*Available data*:
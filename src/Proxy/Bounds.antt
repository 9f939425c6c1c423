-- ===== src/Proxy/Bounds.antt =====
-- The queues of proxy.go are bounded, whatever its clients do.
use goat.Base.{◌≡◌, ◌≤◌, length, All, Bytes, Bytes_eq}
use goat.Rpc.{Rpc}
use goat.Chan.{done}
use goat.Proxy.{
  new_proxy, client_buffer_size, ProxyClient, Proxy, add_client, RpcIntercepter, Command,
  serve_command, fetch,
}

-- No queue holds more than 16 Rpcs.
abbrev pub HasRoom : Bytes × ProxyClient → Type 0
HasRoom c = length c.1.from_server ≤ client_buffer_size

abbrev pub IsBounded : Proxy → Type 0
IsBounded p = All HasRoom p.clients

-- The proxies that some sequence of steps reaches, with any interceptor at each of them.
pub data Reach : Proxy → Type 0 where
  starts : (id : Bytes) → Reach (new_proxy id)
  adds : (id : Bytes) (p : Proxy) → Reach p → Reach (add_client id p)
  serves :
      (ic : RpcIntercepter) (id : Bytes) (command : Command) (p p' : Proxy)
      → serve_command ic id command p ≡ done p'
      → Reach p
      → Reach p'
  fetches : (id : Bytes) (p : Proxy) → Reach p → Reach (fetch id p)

--

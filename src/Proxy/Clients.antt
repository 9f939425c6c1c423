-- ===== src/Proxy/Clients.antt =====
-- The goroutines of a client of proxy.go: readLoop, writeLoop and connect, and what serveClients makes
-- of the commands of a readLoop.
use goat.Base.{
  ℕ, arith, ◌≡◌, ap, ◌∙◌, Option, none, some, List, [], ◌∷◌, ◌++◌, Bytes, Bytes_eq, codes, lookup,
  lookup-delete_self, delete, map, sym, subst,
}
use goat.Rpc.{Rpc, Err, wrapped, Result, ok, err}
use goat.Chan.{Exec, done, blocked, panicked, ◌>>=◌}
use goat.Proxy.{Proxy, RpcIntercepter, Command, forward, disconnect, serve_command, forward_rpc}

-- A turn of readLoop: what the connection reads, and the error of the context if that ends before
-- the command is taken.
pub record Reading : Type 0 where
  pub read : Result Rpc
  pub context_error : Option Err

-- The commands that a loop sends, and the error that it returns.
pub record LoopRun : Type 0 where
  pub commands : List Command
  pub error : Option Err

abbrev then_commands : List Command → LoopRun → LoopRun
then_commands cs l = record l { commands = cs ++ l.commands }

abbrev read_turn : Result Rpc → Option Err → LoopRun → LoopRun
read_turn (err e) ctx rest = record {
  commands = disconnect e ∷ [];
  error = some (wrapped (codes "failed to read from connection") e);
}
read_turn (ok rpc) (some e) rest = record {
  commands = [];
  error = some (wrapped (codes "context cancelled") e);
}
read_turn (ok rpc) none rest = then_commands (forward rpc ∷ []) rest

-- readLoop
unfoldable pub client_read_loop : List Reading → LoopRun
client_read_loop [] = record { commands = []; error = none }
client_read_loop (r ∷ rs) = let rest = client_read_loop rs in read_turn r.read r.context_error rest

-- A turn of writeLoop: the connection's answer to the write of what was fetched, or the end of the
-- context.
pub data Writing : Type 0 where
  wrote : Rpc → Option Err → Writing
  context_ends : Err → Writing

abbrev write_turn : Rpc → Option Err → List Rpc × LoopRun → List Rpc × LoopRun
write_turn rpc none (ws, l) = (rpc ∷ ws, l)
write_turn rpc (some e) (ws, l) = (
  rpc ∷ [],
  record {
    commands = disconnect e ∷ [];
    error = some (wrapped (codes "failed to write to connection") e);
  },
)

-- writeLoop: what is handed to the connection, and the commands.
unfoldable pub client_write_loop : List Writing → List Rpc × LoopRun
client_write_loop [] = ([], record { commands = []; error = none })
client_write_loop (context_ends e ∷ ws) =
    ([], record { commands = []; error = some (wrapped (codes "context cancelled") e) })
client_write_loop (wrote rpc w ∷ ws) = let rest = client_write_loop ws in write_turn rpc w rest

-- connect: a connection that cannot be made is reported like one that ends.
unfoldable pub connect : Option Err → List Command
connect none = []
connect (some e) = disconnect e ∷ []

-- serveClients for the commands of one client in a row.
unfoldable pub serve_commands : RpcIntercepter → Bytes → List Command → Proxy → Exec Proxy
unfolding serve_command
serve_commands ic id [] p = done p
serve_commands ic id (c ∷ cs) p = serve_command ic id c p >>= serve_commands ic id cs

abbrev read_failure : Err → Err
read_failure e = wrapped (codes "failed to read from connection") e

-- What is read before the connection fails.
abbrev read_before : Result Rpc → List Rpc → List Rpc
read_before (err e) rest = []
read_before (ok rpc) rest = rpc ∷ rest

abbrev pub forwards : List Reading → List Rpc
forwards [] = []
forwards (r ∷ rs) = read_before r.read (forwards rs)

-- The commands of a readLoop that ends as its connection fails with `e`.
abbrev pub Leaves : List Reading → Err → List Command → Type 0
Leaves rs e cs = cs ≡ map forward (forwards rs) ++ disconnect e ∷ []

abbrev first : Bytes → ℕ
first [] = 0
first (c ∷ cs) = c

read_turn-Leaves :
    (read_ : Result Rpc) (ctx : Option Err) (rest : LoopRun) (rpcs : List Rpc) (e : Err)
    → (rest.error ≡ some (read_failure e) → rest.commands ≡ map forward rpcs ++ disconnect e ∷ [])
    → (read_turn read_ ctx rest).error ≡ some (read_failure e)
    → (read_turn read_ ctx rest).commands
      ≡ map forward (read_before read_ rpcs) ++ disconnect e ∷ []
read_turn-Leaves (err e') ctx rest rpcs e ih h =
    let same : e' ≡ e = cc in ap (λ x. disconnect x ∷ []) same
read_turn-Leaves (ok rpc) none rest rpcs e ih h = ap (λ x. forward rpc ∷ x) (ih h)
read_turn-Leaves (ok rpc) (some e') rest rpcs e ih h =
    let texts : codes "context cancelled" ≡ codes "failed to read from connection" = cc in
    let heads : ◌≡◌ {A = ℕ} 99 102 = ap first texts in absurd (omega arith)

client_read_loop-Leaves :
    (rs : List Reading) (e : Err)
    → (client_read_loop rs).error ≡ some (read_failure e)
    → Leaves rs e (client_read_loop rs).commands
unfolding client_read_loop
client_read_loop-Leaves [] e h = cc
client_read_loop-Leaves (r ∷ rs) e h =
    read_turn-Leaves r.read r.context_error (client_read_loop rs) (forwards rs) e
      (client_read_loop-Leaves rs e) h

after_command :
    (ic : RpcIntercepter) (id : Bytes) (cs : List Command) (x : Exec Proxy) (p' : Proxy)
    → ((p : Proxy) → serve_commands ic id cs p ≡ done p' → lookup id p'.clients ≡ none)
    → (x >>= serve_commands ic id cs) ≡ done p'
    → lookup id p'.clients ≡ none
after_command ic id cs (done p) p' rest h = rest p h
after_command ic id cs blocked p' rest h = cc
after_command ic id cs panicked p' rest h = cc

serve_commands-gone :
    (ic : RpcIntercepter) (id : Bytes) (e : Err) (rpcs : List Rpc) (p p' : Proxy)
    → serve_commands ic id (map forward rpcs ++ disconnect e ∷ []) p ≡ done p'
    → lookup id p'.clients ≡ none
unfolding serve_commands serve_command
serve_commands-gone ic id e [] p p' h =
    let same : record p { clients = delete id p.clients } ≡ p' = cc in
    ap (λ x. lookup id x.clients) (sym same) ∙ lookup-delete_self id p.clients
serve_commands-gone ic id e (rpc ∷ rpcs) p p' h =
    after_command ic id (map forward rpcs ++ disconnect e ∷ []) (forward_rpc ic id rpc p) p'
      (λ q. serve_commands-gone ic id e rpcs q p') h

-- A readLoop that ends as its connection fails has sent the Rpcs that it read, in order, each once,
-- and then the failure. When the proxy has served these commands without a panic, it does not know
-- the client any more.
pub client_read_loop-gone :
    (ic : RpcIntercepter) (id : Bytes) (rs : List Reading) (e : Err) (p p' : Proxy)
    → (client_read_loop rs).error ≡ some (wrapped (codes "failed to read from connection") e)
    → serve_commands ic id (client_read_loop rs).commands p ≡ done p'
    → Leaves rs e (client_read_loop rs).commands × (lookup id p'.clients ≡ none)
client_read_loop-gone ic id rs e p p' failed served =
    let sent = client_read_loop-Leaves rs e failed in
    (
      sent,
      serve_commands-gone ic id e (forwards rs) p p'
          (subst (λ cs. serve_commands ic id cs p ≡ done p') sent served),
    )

*What you need to do*: Go through the listing above and copy each line that contains "served".

*Output of the exercise*:
-- and then the failure. When the proxy has served these commands without a panic, it does not know
client_read_loop-gone ic id rs e p p' failed served =
          (subst (λ cs. serve_commands ic id cs p ≡ done p') sent served),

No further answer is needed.